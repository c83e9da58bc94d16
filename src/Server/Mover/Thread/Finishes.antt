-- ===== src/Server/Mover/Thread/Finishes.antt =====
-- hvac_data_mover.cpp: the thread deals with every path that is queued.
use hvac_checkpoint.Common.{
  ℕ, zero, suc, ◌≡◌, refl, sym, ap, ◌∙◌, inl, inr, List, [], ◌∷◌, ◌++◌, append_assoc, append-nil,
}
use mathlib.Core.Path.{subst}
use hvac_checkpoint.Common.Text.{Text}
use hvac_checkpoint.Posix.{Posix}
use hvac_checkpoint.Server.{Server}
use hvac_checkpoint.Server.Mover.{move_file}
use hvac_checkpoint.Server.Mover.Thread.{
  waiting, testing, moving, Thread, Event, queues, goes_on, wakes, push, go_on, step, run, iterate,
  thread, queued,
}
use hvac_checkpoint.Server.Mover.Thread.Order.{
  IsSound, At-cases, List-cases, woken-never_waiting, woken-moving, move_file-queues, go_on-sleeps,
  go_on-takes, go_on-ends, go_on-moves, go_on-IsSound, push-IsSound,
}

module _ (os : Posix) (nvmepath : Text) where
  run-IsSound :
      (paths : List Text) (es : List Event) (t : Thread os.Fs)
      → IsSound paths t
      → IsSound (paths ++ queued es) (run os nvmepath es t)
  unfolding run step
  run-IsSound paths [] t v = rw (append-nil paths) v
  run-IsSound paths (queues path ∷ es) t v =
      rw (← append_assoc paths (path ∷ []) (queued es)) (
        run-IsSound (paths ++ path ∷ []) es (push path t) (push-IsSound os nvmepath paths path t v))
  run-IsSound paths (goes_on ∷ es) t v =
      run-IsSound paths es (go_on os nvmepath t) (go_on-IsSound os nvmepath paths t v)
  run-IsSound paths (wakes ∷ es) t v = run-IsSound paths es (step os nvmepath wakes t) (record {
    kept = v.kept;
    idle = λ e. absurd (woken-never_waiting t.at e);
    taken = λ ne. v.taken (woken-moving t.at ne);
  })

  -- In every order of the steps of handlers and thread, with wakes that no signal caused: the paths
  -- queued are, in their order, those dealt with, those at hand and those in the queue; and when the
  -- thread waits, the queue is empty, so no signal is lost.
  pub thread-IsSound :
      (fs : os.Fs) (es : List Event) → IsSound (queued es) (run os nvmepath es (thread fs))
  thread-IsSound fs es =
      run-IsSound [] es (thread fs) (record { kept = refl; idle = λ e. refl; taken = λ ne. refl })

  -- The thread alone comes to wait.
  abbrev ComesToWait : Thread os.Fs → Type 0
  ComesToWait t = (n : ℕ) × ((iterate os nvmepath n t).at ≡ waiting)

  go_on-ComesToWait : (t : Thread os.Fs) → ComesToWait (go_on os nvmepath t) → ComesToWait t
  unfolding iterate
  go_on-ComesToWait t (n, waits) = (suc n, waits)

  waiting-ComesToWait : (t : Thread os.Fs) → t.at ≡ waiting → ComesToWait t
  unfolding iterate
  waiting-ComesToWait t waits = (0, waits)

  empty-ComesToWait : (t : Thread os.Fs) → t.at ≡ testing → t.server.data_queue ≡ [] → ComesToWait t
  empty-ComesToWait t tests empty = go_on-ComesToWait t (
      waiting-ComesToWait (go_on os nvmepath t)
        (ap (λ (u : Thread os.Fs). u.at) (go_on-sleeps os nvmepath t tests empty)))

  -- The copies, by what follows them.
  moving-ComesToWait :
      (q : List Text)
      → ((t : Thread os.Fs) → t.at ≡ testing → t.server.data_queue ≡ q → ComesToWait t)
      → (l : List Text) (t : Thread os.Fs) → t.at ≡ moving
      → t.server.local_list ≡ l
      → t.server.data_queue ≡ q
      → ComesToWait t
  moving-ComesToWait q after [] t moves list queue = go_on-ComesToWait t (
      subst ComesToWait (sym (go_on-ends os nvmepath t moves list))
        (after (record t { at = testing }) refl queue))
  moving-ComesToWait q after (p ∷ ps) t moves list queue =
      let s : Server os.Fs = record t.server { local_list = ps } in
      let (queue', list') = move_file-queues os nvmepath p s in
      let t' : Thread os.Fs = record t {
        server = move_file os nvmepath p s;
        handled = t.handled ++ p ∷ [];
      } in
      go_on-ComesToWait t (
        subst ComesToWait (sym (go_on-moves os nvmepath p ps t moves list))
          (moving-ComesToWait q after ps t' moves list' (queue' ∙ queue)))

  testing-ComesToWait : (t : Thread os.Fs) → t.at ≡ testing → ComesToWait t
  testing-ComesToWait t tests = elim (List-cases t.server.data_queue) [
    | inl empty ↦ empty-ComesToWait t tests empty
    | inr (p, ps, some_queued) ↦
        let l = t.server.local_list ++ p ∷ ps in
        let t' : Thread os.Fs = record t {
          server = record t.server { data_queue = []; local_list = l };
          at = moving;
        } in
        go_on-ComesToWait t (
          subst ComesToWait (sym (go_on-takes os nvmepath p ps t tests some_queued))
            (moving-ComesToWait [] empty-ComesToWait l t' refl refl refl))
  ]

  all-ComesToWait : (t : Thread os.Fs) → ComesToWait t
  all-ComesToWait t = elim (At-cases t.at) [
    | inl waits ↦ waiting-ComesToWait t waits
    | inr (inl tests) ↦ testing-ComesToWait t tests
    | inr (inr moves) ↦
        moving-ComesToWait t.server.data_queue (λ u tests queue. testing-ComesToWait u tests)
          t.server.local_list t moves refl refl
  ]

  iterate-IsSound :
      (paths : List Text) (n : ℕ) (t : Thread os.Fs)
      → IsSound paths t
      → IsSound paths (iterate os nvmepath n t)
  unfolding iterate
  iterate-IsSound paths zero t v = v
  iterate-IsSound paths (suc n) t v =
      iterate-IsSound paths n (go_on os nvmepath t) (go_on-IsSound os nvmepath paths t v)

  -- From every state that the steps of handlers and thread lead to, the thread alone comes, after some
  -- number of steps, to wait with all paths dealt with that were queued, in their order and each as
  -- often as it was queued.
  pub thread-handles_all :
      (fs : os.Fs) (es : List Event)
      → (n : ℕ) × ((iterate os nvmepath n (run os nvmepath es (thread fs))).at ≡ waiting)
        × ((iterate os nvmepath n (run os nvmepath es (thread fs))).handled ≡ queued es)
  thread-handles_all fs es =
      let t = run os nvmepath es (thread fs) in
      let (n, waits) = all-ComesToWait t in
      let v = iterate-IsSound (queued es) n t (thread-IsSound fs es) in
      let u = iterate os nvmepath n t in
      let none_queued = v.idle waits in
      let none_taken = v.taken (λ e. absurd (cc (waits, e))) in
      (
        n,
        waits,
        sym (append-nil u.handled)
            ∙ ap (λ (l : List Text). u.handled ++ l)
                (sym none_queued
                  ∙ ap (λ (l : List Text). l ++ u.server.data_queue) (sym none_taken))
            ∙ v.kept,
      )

--*--

Problem to solve:
Please transcribe each entry exactly, keeping every word as it is.

Exercise result:
repository c83e9da58bc94d16
filename src/Server/Mover/Thread/Finishes.antt
-- ===== src/Server/Mover/Thread/Finishes.antt =====
-- hvac_data_mover.cpp: the thread deals with every path that is queued.
use hvac_checkpoint.Common.{
  ℕ, zero, suc, ◌≡◌, refl, sym, ap, ◌∙◌, inl, inr, List, [], ◌∷◌, ◌++◌, append_assoc, append-nil,
}
use mathlib.Core.Path.{subst}
use hvac_checkpoint.Common.Text.{Text}
use hvac_checkpoint.Posix.{Posix}
use hvac_checkpoint.Server.{Server}
use hvac_checkpoint.Server.Mover.{move_file}
use hvac_checkpoint.Server.Mover.Thread.{
  waiting, testing, moving, Thread, Event, queues, goes_on, wakes, push, go_on, step, run, iterate,
  thread, queued,
}
use hvac_checkpoint.Server.Mover.Thread.Order.{
  IsSound, At-cases, List-cases, woken-never_waiting, woken-moving, move_file-queues, go_on-sleeps,
  go_on-takes, go_on-ends, go_on-moves, go_on-IsSound, push-IsSound,
}

module _ (os : Posix) (nvmepath : Text) where
  run-IsSound :
      (paths : List Text) (es : List Event) (t : Thread os.Fs)
      → IsSound paths t
      → IsSound (paths ++ queued es) (run os nvmepath es t)
  unfolding run step
  run-IsSound paths [] t v = rw (append-nil paths) v
  run-IsSound paths (queues path ∷ es) t v =
      rw (← append_assoc paths (path ∷ []) (queued es)) (
        run-IsSound (paths ++ path ∷ []) es (push path t) (push-IsSound os nvmepath paths path t v))
  run-IsSound paths (goes_on ∷ es) t v =
      run-IsSound paths es (go_on os nvmepath t) (go_on-IsSound os nvmepath paths t v)
  run-IsSound paths (wakes ∷ es) t v = run-IsSound paths es (step os nvmepath wakes t) (record {
    kept = v.kept;
    idle = λ e. absurd (woken-never_waiting t.at e);
    taken = λ ne. v.taken (woken-moving t.at ne);
  })

  -- In every order of the steps of handlers and thread, with wakes that no signal caused: the paths
  -- queued are, in their order, those dealt with, those at hand and those in the queue; and when the
  -- thread waits, the queue is empty, so no signal is lost.
  pub thread-IsSound :
      (fs : os.Fs) (es : List Event) → IsSound (queued es) (run os nvmepath es (thread fs))
  thread-IsSound fs es =
      run-IsSound [] es (thread fs) (record { kept = refl; idle = λ e. refl; taken = λ ne. refl })

  -- The thread alone comes to wait.
  abbrev ComesToWait : Thread os.Fs → Type 0
  ComesToWait t = (n : ℕ) × ((iterate os nvmepath n t).at ≡ waiting)

  go_on-ComesToWait : (t : Thread os.Fs) → ComesToWait (go_on os nvmepath t) → ComesToWait t
  unfolding iterate
  go_on-ComesToWait t (n, waits) = (suc n, waits)

  waiting-ComesToWait : (t : Thread os.Fs) → t.at ≡ waiting → ComesToWait t
  unfolding iterate
  waiting-ComesToWait t waits = (0, waits)

  empty-ComesToWait : (t : Thread os.Fs) → t.at ≡ testing → t.server.data_queue ≡ [] → ComesToWait t
  empty-ComesToWait t tests empty = go_on-ComesToWait t (
      waiting-ComesToWait (go_on os nvmepath t)
        (ap (λ (u : Thread os.Fs). u.at) (go_on-sleeps os nvmepath t tests empty)))

  -- The copies, by what follows them.
  moving-ComesToWait :
      (q : List Text)
      → ((t : Thread os.Fs) → t.at ≡ testing → t.server.data_queue ≡ q → ComesToWait t)
      → (l : List Text) (t : Thread os.Fs) → t.at ≡ moving
      → t.server.local_list ≡ l
      → t.server.data_queue ≡ q
      → ComesToWait t
  moving-ComesToWait q after [] t moves list queue = go_on-ComesToWait t (
      subst ComesToWait (sym (go_on-ends os nvmepath t moves list))
        (after (record t { at = testing }) refl queue))
  moving-ComesToWait q after (p ∷ ps) t moves list queue =
      let s : Server os.Fs = record t.server { local_list = ps } in
      let (queue', list') = move_file-queues os nvmepath p s in
      let t' : Thread os.Fs = record t {
        server = move_file os nvmepath p s;
        handled = t.handled ++ p ∷ [];
      } in
      go_on-ComesToWait t (
        subst ComesToWait (sym (go_on-moves os nvmepath p ps t moves list))
          (moving-ComesToWait q after ps t' moves list' (queue' ∙ queue)))

  testing-ComesToWait : (t : Thread os.Fs) → t.at ≡ testing → ComesToWait t
  testing-ComesToWait t tests = elim (List-cases t.server.data_queue) [
    | inl empty ↦ empty-ComesToWait t tests empty
    | inr (p, ps, some_queued) ↦
        let l = t.server.local_list ++ p ∷ ps in
        let t' : Thread os.Fs = record t {
          server = record t.server { data_queue = []; local_list = l };
          at = moving;
        } in
        go_on-ComesToWait t (
          subst ComesToWait (sym (go_on-takes os nvmepath p ps t tests some_queued))
            (moving-ComesToWait [] empty-ComesToWait l t' refl refl refl))
  ]

  all-ComesToWait : (t : Thread os.Fs) → ComesToWait t
  all-ComesToWait t = elim (At-cases t.at) [
    | inl waits ↦ waiting-ComesToWait t waits
    | inr (inl tests) ↦ testing-ComesToWait t tests
    | inr (inr moves) ↦
        moving-ComesToWait t.server.data_queue (λ u tests queue. testing-ComesToWait u tests)
          t.server.local_list t moves refl refl
  ]

  iterate-IsSound :
      (paths : List Text) (n : ℕ) (t : Thread os.Fs)
      → IsSound paths t
      → IsSound paths (iterate os nvmepath n t)
  unfolding iterate
  iterate-IsSound paths zero t v = v
  iterate-IsSound paths (suc n) t v =
      iterate-IsSound paths n (go_on os nvmepath t) (go_on-IsSound os nvmepath paths t v)

  -- From every state that the steps of handlers and thread lead to, the thread alone comes, after some
  -- number of steps, to wait with all paths dealt with that were queued, in their order and each as
  -- often as it was queued.
  pub thread-handles_all :
      (fs : os.Fs) (es : List Event)
      → (n : ℕ) × ((iterate os nvmepath n (run os nvmepath es (thread fs))).at ≡ waiting)
        × ((iterate os nvmepath n (run os nvmepath es (thread fs))).handled ≡ queued es)
  thread-handles_all fs es =
      let t = run os nvmepath es (thread fs) in
      let (n, waits) = all-ComesToWait t in
      let v = iterate-IsSound (queued es) n t (thread-IsSound fs es) in
      let u = iterate os nvmepath n t in
      let none_queued = v.idle waits in
      let none_taken = v.taken (λ e. absurd (cc (waits, e))) in
      (
        n,
        waits,
        sym (append-nil u.handled)
            ∙ ap (λ (l : List Text). u.handled ++ l)
                (sym none_queued
                  ∙ ap (λ (l : List Text). l ++ u.server.data_queue) (sym none_taken))
            ∙ v.kept,
      )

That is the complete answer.